The proposed methodology can be applied with simple ML tools that are straightforward and require no coding or data curation. However, this direct simple approach is reliable only when the assessed hydrological model performs almost equivalently during the training and test. A large difference in performance between these two periods indicates that important response patterns are not evenly represented in the data sets of the training and test. In these cases, a more sophisticated approach that includes data curation (shuffling carefully to preserve the statistical structure) is required to have a reliable model assessment.
When assessing a model with data shuffling (a method similar to cross-validation) the variance of the loss function is a metric of how well the model generalizes. If the machine learning achieves lower variance than the hydrological model, this is an additional indication that a better model can be prepared with the available hydrological data. This was confirmed by the application of the shuffling method into two case studies (Nyangores River and Karveliotis). In the former case study, the mean loss function and its variance of the machine learning model were lower than that of the hydrological model, indicating the potentials of a better model, whereas in the latter the mean loss function was marginally lower but the variance was higher, indicating that the best feasible model has already been achieved.

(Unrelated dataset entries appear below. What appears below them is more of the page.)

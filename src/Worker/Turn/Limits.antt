-- ===== src/Worker/Turn/Limits.antt =====
-- What a 429 does and does not do (worker.rs).
use correctness_bench.Common.{
  ℕ, ◌+◌, ◌*◌, ◌≤◌, ◌<◌, ◌≡◌, ◌∙◌, Bool, true, false, ◌||◌, Option, some, Bytes, arith, min,
  u64_mod, u64_add,
}
use correctness_bench.Float.{Float, IsIeee, ◌≼◌}
use correctness_bench.Hist.Library.{Hdr}
use correctness_bench.Sched.{intended_send_time, defer_origin}
use correctness_bench.Worker.Spec.{RlAction, RlConfig, offered_rps_at}
use correctness_bench.Worker.Assert.{Verdict, rate_limited, InlineAssert, classify}
use correctness_bench.Worker.Assert.Tiers.{classify_iff}
use correctness_bench.Worker.Counters.{ConnResult, LiveCounters, load_first_429_rps}
use correctness_bench.Worker.Connection.{
  ParsedResponse, Shared, Conn, Config, Turn, stop, latencies, record_onset, back_off,
  rate_limit_policy, sample_response, count_verdict,
}
use correctness_bench.Worker.Turn.{complete, on_response, turn}
use correctness_bench.Worker.Turn.Cases.{paced, turn_cases}

module _ {F : Type 0} ⦃f : Float F⦄ where
  -- Backing off for a 429 with `Retry-After: ra` shifts the schedule by just the time that it adds to
  -- the backoff total, which is at most the cap; without wrap-around the two stay equal.
  pub back_off_shift :
      (rl : RlConfig F) (ra : ℕ) (conn : Conn F) (c : LiveCounters)
      → conn.sched.thread_start_us + rl.max_backoff_ms * 1000 < u64_mod
      → conn.res.backoff_us_total + rl.max_backoff_ms * 1000 < u64_mod
      → let conn' = (back_off rl ra conn c).0 in
        (conn'.sched.thread_start_us + conn.res.backoff_us_total
          ≡ conn.sched.thread_start_us + conn'.res.backoff_us_total)
        × (conn'.res.backoff_us_total ≤ conn.res.backoff_us_total + rl.max_backoff_ms * 1000)
        × (conn'.res.backoff_us_total ≡ conn.res.backoff_us_total + min ra rl.max_backoff_ms * 1000)
  unfolding back_off defer_origin
  back_off_shift rl ra conn c h k = ground arith

-- The correctness counts of a connection are as before, and one more 429 is counted.
pub record OnlyLimited (r r' : ConnResult) : Type 0 where
  pub pass_same : r'.pass ≡ r.pass
  pub status_same : r'.fail_status ≡ r.fail_status
  pub latency_same : r'.fail_latency ≡ r.fail_latency
  pub size_same : r'.fail_size ≡ r.fail_size
  pub type_same : r'.fail_content_type ≡ r.fail_content_type
  pub one_more : r'.rate_limited ≡ u64_add r.rate_limited 1
  pub responded : r'.completed ≡ u64_add r.completed 1

-- What the onset guard promises between two states of the counters.
pub record OnsetKept (c c' : LiveCounters) : Type 0 where
  pub seen_stays : c.first_429_seen ≡ true → c'.first_429_seen ≡ true
  pub bits_stay : c.first_429_seen ≡ true → c'.first_429_rps_bits ≡ c.first_429_rps_bits
  pub abort_stays : c.abort ≡ true → c'.abort ≡ true

abbrev pub is_abort : RlAction → Bool
is_abort RlAction.abort = true
is_abort _ = false

module _ {F : Type 0} ⦃f : Float F⦄ where
  policy_limited :
      (a : RlAction) (rl : RlConfig F) (ra : Option ℕ) (conn : Conn F) (c : LiveCounters)
      → let s = rate_limit_policy a rl ra conn c in
        (s.0.res.pass ≡ conn.res.pass)
        × (s.0.res.fail_status ≡ conn.res.fail_status)
        × (s.0.res.fail_latency ≡ conn.res.fail_latency)
        × (s.0.res.fail_size ≡ conn.res.fail_size)
        × (s.0.res.fail_content_type ≡ conn.res.fail_content_type)
        × (s.0.res.rate_limited ≡ conn.res.rate_limited)
        × (s.0.res.completed ≡ conn.res.completed)
        × (s.1.first_429_seen ≡ c.first_429_seen)
        × (s.1.first_429_rps_bits ≡ c.first_429_rps_bits)
        × (s.1.abort ≡ is_abort a || c.abort)
  unfolding rate_limit_policy
  policy_limited a rl ra conn c = ground arith

  count_verdict-OnsetKept :
      (v : Verdict) (rl : RlConfig F) (intended : ℕ) (ra : Option ℕ) (conn : Conn F)
      (c : LiveCounters)
      → OnsetKept c (count_verdict v rl intended ra conn c).1
  unfolding count_verdict
  count_verdict-OnsetKept rate_limited rl intended ra conn c =
      let r' = record conn.res { rate_limited = u64_add conn.res.rate_limited 1 } in
      let c' = record c { rate_limited = u64_add c.rate_limited 1 } in
      let kept =
        policy_limited rl.action rl ra (record conn { res = r' }) (record_onset rl intended c') in
      ground arith
  count_verdict-OnsetKept v rl intended ra conn c = ground arith

  -- The first 429 of a run that records the onset makes the onset readable: it is the rate offered at
  -- the slot of that request.
  pub onset_recorded :
      (laws : IsIeee F) (rl : RlConfig F) (intended : ℕ) (c : LiveCounters)
      → rl.record_onset ≡ true
      → c.first_429_seen ≡ false
      → offered_rps_at rl intended ≼ offered_rps_at rl intended
      → load_first_429_rps (record_onset rl intended c) ≡ some (offered_rps_at rl intended)
  unfolding load_first_429_rps record_onset
  onset_recorded laws rl intended c on first num =
      let x = offered_rps_at rl intended in
      ground (arith, laws.to_bits_ne x num, laws.from_bits-to_bits x)

module _ {F H : Type 0} ⦃f : Float F⦄ ⦃h : Hdr H⦄ where
  sample-OnsetKept :
      (rules : InlineAssert) (parsed : ParsedResponse) (buf : Bytes) (lat : ℕ) (sh : Shared F H)
      → let c' = (sample_response rules parsed buf lat sh).counters in
        OnsetKept sh.counters c' × OnsetKept c' sh.counters
  unfolding sample_response
  sample-OnsetKept rules parsed buf lat sh = ground arith

  on_response-OnsetKept :
      (cfg : Config F) (intended : ℕ) (t : Turn) (parsed : ParsedResponse) (sh : Shared F H)
      (conn : Conn F)
      → OnsetKept sh.counters (on_response cfg intended t parsed sh conn).0.counters
  unfolding on_response complete
  on_response-OnsetKept cfg intended t parsed sh conn =
      let lat = latencies intended t in
      let a = complete lat sh conn in
      let s = sample_response cfg.rules parsed t.buf lat.0 a.0 in
      let v = classify cfg.rules parsed.status lat.0 parsed.content_length parsed.content_type_lc in
      let p = (sample-OnsetKept cfg.rules parsed t.buf lat.0 a.0).0 in
      let q = count_verdict-OnsetKept v cfg.rl intended parsed.retry_after_ms a.1 s.counters in
      record {
        seen_stays = λ e. q.seen_stays (p.seen_stays e);
        bits_stay = λ e. q.bits_stay (p.seen_stays e) ∙ p.bits_stay e;
        abort_stays = λ e. q.abort_stays (p.abort_stays e);
      }

  turn-OnsetKept :
      (cfg : Config F) (t : Turn) (sh : Shared F H) (conn : Conn F)
      → OnsetKept sh.counters (turn cfg t sh conn).0.counters
  turn-OnsetKept cfg t sh conn =
      turn_cases (λ sh' conn' flow. OnsetKept sh.counters sh'.counters) cfg t sh conn (ground arith)
        (ground arith) (ground arith) (ground arith) (ground arith)
        (λ w parsed up e.
          on_response-OnsetKept cfg (intended_send_time conn.sched) t parsed sh (paced t conn))

  -- The onset is written once: after the first 429 no turn of any connection changes it.
  pub turn_onset_once :
      (cfg : Config F) (t : Turn) (sh : Shared F H) (conn : Conn F)
      → sh.counters.first_429_seen ≡ true
      → let c = (turn cfg t sh conn).0.counters in
        (c.first_429_seen ≡ true) × (load_first_429_rps {F = F} c ≡ load_first_429_rps sh.counters)
  unfolding load_first_429_rps
  turn_onset_once cfg t sh conn seen =
      let kept = turn-OnsetKept cfg t sh conn in (kept.seen_stays seen, rw (kept.bits_stay seen))

  -- Once the abort flag is up, a turn does nothing and ends its task.
  pub turn_abort :
      (cfg : Config F) (t : Turn) (sh : Shared F H) (conn : Conn F)
      → sh.counters.abort ≡ true
      → turn cfg t sh conn ≡ (sh, conn, stop)
  unfolding turn
  turn_abort cfg t sh conn up = simp up

  sample_abort :
      (rules : InlineAssert) (parsed : ParsedResponse) (buf : Bytes) (lat : ℕ) (sh : Shared F H)
      → (sample_response rules parsed buf lat sh).counters.abort ≡ sh.counters.abort
  unfolding sample_response
  sample_abort rules parsed buf lat sh = ground arith

  -- A response with status 429, whatever the assertions say of it and whatever the policy, changes no
  -- count of passes or failures of its connection: it is counted as completed and as rate limited.
  -- The abort flag is up afterwards if it was before or the policy is to abort, and only then.
  pub on_response_429 :
      (cfg : Config F) (intended : ℕ) (t : Turn) (parsed : ParsedResponse) (sh : Shared F H)
      (conn : Conn F)
      → parsed.status ≡ 429
      → let s = on_response cfg intended t parsed sh conn in
        OnlyLimited conn.res s.1.res
        × (s.0.counters.abort ≡ is_abort cfg.rl.action || sh.counters.abort)
  unfolding on_response complete count_verdict record_onset
  on_response_429 cfg intended t parsed sh conn is_429 =
      let lat = latencies intended t in
      let a = complete lat sh conn in
      let b = sample_response cfg.rules parsed t.buf lat.0 a.0 in
      let e =
        (classify_iff cfg.rules parsed.status lat.0 parsed.content_length parsed.content_type_lc
            rate_limited).1
          is_429 in
      let r' = record a.1.res { rate_limited = u64_add a.1.res.rate_limited 1 } in
      let c' = record b.counters { rate_limited = u64_add b.counters.rate_limited 1 } in
      let kept =
        policy_limited cfg.rl.action cfg.rl parsed.retry_after_ms (record a.1 { res = r' })
          (record_onset cfg.rl intended c') in
      let same = sample_abort cfg.rules parsed t.buf lat.0 a.0 in ground (arith, e)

The suggested methodology could be used as a filter to improve the efficiency of hydrological models. However, as mentioned previously, it is not guaranteed that the improved performance after the filtering is the best that can be obtained with the available data. For this reason, it is recommended to be used principally as an assessment tool for crafting hydrological models, either by improving the calibration or by adding/modifying physical/conceptual assumptions to the model. Finally, it should be noticed that the suggested methodology is generic. It can be used with any model, e.g., hydraulic, even a financial model, to evaluate the capacity of the assessed model to fully describe the deterministic relationship between the model inputs and outputs.